Et ça ira : ce fichier contient les informations de dérive à appliquer au redémarrage !

----------

## lol.2.dol

@geekounet: Je ne pense pas que je peux mettre de démon ntpd vu que je ne suis pas continuellement connecté(j'ai vu qu'il y avait une astuce sur le Wiki pour lui dire d'attendre la connexion avant de se lancer, mais ça me tente pas trop), et puis ça fait un démon de plus au démarrage^^(Je suis plutôt du genre minimaliste dans ma conception informatique!)

@guilc:Parfait!! Merci beaucoup!

@ tout le monde: Merci! @+

----------

## geekounet

 *lol.2.dol wrote:*   

> @geekounet: Je ne pense pas que je peux mettre de démon ntpd vu que je ne suis pas continuellement connecté(j'ai vu qu'il y avait une astuce sur le Wiki pour lui dire d'attendre la connexion avant de se lancer, mais ça me tente pas trop), et puis ça fait un démon de plus au démarrage^^(Je suis plutôt du genre minimaliste dans ma conception informatique!)

 

Je met des ntpd sur chaque machine, même mes laptops, et ça ne pose aucun problème.
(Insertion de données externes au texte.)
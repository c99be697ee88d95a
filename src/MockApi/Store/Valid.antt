-- ===== src/MockApi/Store/Valid.antt =====
-- The invariant of the table, and that the toggles keep it.
use tunnelgate.Prelude.{
  All, ◌≡◌, ◌∙◌, ◌∷◌, ◌==◌, if◌then◌else◌, ℕ, refl, sym, ap, inl, inr, Bool, true, false, some,
  List, [], map, arith, Option-cases, is_empty, find, ℕ_eq, eq_refl,
}
use tunnelgate.Text.{Text, text_eq, text_eq_iff}
use tunnelgate.MockApi.Types.{StoredApi}
use tunnelgate.MockApi.Store.{
  Store, same_route, Column, mock_column, proxy_column, toggle_row, update_boolean, find_by_id,
  ensure_public_ids, ensure_public_id,
}
use tunnelgate.MockApi.Store.Exclusive.{
  IsTold, find-IsTold, find-holds, Pairs, is_active, Apart, IsExclusive, Pairs-map,
}
use tunnelgate.MockApi.Store.Toggle.{IsReady, toggle_row-Apart, toggle_row_fields, toggle_row_other}

-- Every row has a public id, no two rows share an id, and at most one spec of a method and route
-- path is active.
pub record IsValid (store : Store) : Type 0 where
  pub exclusive : IsExclusive store
  pub identified : All (λ api. is_empty api.id ≡ false) store.apis

module _ (P Q : StoredApi → Type 0) (f : StoredApi → StoredApi)
    (step : (a : StoredApi) → P a → Q (f a)) where
  pub All-map_step : (apis : List StoredApi) → All P apis → All Q (map f apis)
  All-map_step [] h = tt
  All-map_step (a ∷ rest) (p, h) = (step a p, All-map_step rest h)

module _ (P Q : StoredApi → Type 0) (step : (a : StoredApi) → P a → Q a) where
  All-imp : (apis : List StoredApi) → All P apis → All Q apis
  All-imp [] h = tt
  All-imp (a ∷ rest) (p, h) = (step a p, All-imp rest h)

-- Where every row has a public id, no row is given a new one.
pub ensure-eq_self :
    (new_id : ℕ → Text) (apis : List StoredApi)
    → All (λ api. is_empty api.id ≡ false) apis
    → map (ensure_public_id new_id) apis ≡ apis
ensure-eq_self new_id [] h = refl
ensure-eq_self new_id (a ∷ rest) (p, h) = rw (p, ensure-eq_self new_id rest h)

-- A relation between rows, and what holds of each, seen together.
pub Pairs-All :
    (R : StoredApi → StoredApi → Type 0) (P : StoredApi → Type 0) (apis : List StoredApi)
    → Pairs R apis
    → All P apis
    → Pairs (λ a b. R a b × P a × P b) apis
Pairs-All R P [] h k = tt
Pairs-All R P (a ∷ rest) (r, h) (p, k) = (both rest r k, Pairs-All R P rest h k)
  where
    both : (rest : List StoredApi) → All (R a) rest → All P rest → All (λ b. R a b × P a × P b) rest
    both [] r k = tt
    both (b ∷ rest) (r, rs) (q, k) = ((r, p, q), both rest rs k)

toggled : Column → Bool → Text → StoredApi → Store → List StoredApi
toggled column enabled timestamp target store =
    map (toggle_row column enabled timestamp target) store.apis

toggled-Pairs :
    (column : Column) (enabled : Bool) (timestamp id : Text) (target : StoredApi) (store : Store)
    → IsExclusive store
    → find (λ api. api.id == id) store.apis ≡ some target
    → Pairs Apart (toggled column enabled timestamp target store)
unfolding toggled
toggled-Pairs column enabled timestamp id target store h e =
    Pairs-map (IsReady target) Apart (toggle_row column enabled timestamp target)
      (toggle_row-Apart column enabled timestamp target) store.apis
      (Pairs-All Apart (IsTold target) store.apis h (find-IsTold id store.apis h e))

toggled-identified :
    (column : Column) (enabled : Bool) (timestamp : Text) (target : StoredApi) (store : Store)
    → All (λ api. is_empty api.id ≡ false) store.apis
    → All (λ api. is_empty api.id ≡ false) (toggled column enabled timestamp target store)
unfolding toggled
toggled-identified column enabled timestamp target store h =
    All-map_step (λ api. is_empty api.id ≡ false) (λ api. is_empty api.id ≡ false)
      (toggle_row column enabled timestamp target)
      (λ a p. ap is_empty (toggle_row_fields column enabled timestamp target a).1 ∙ p) store.apis h

-- The table after an update: the rows with the statements made on each of them.
pub update_boolean-apis :
    (new_id : ℕ → Text) (store : Store) (id : Text) (column : Column) (enabled : Bool)
    (timestamp : Text) (target : StoredApi)
    → All (λ api. is_empty api.id ≡ false) store.apis
    → find (λ api. api.id == id) store.apis ≡ some target
    → (update_boolean new_id store id column enabled timestamp).0.apis
      ≡ map (toggle_row column enabled timestamp target) store.apis
unfolding update_boolean find_by_id ensure_public_ids toggled
update_boolean-apis new_id store id column enabled timestamp target h e =
    rw (e, update_boolean)
      (ensure-eq_self new_id (toggled column enabled timestamp target store)
        (toggled-identified column enabled timestamp target store h))

-- Enabling or disabling a spec keeps the invariant, whether or not the id names a spec.
pub update_boolean-IsValid :
    (new_id : ℕ → Text) (store : Store) (id : Text) (column : Column) (enabled : Bool)
    (timestamp : Text)
    → IsValid store
    → IsValid (update_boolean new_id store id column enabled timestamp).0
unfolding toggled update_boolean
update_boolean-IsValid new_id store id column enabled timestamp v =
    elim (Option-cases (find (λ api. api.id == id) store.apis)) [
      | inl e ↦ rw (e, update_boolean) v
      | inr (target, e) ↦
          let rows =
            update_boolean-apis new_id store id column enabled timestamp target v.identified e in
          record {
            exclusive =
                rw rows (toggled-Pairs column enabled timestamp id target store v.exclusive e);
            identified =
                rw rows (toggled-identified column enabled timestamp target store v.identified);
          }
    ]

toggle_row_self :
    (column : Column) (timestamp : Text) (target : StoredApi)
    → is_active (toggle_row column true timestamp target target) ≡ true
unfolding toggle_row
toggle_row_self mock_column timestamp target = ground (arith, text_eq_iff target.id target.id)
toggle_row_self proxy_column timestamp target = ground (arith, text_eq_iff target.id target.id)

-- Enabling a spec, for mocking or for proxying, leaves it the one active spec of its method and
-- route path: of the rows with both of these, exactly the one with the id is active. A row of
-- another method or route path is active if it was.
pub update_boolean-is_active :
    (new_id : ℕ → Text) (store : Store) (id : Text) (column : Column) (timestamp : Text)
    (target : StoredApi)
    → IsValid store
    → find (λ api. api.id == id) store.apis ≡ some target
    → ((update_boolean new_id store id column true timestamp).0.apis
        ≡ map (toggle_row column true timestamp target) store.apis)
      × All
          (λ api. is_active (toggle_row column true timestamp target api) ≡ (
            if same_route target.method target.route_path api then api.id == id else is_active api))
          store.apis
update_boolean-is_active new_id store id column timestamp target v e = (
  update_boolean-apis new_id store id column true timestamp target v.identified e,
  All-imp (IsTold target) _ each store.apis (find-IsTold id store.apis v.exclusive e),
)
  where
    found : target.id ≡ id
    found = (text_eq_iff target.id id).0 (find-holds (λ api. api.id == id) store.apis e)

    each :
        (api : StoredApi)
        → IsTold target api
        → is_active (toggle_row column true timestamp target api)
          ≡ (if same_route target.method target.route_path api then api.id == id else is_active api)
    each api (inl same) =
        rw
          (
            same,
            toggle_row_self column timestamp target,
            eq_refl target.method,
            eq_refl target.route_path,
          )
          (sym (find-holds (λ api. api.id == id) store.apis e))
    each api (inr (f, g)) =
        let differs : (api.id == id) ≡ false = ground (arith, found, f, text_eq_iff api.id id) in
        rw differs (toggle_row_other column timestamp target api f g)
Ya aucun besoin de rester connecté en permanence, tant que l'horloge ne dérive pas de plus de 1600 secondes pendant que t'es pas connecté. ntpd apporte aussi l'avantage de rectifier l'heure progressivement plutôt que d'un coup, pour éviter les problèmes du genre les dates des fichiers dans le futur et tout ... Et c'est moins lourd que ntpdate et plus léger, ... ça fait un daemon de plus, mais il ne pèse rien, donc pourquoi s'en passer ...

----------

## lol.2.dol

Ah dans ce cas là pourquoi pas, c'est point bête!

Je le metterai lors de ma prochaine réinstallation complète de mon système!

----------

## fred1973

Bonjour,

J'utilise ces conseils chez moi et ça passe très bien.  :Smile: 

Par contre au boulot, quand je lance ntp-client, j'ai le message suivant :

 * Setting clock via the NTP client 'ntpdate' ...

 * Failed to set clock                                                    [ !! ]

Je suis derrière un proxy et je présume que ça vient de là. Comment faire pour régler ça ?

Merci d'avance !

----------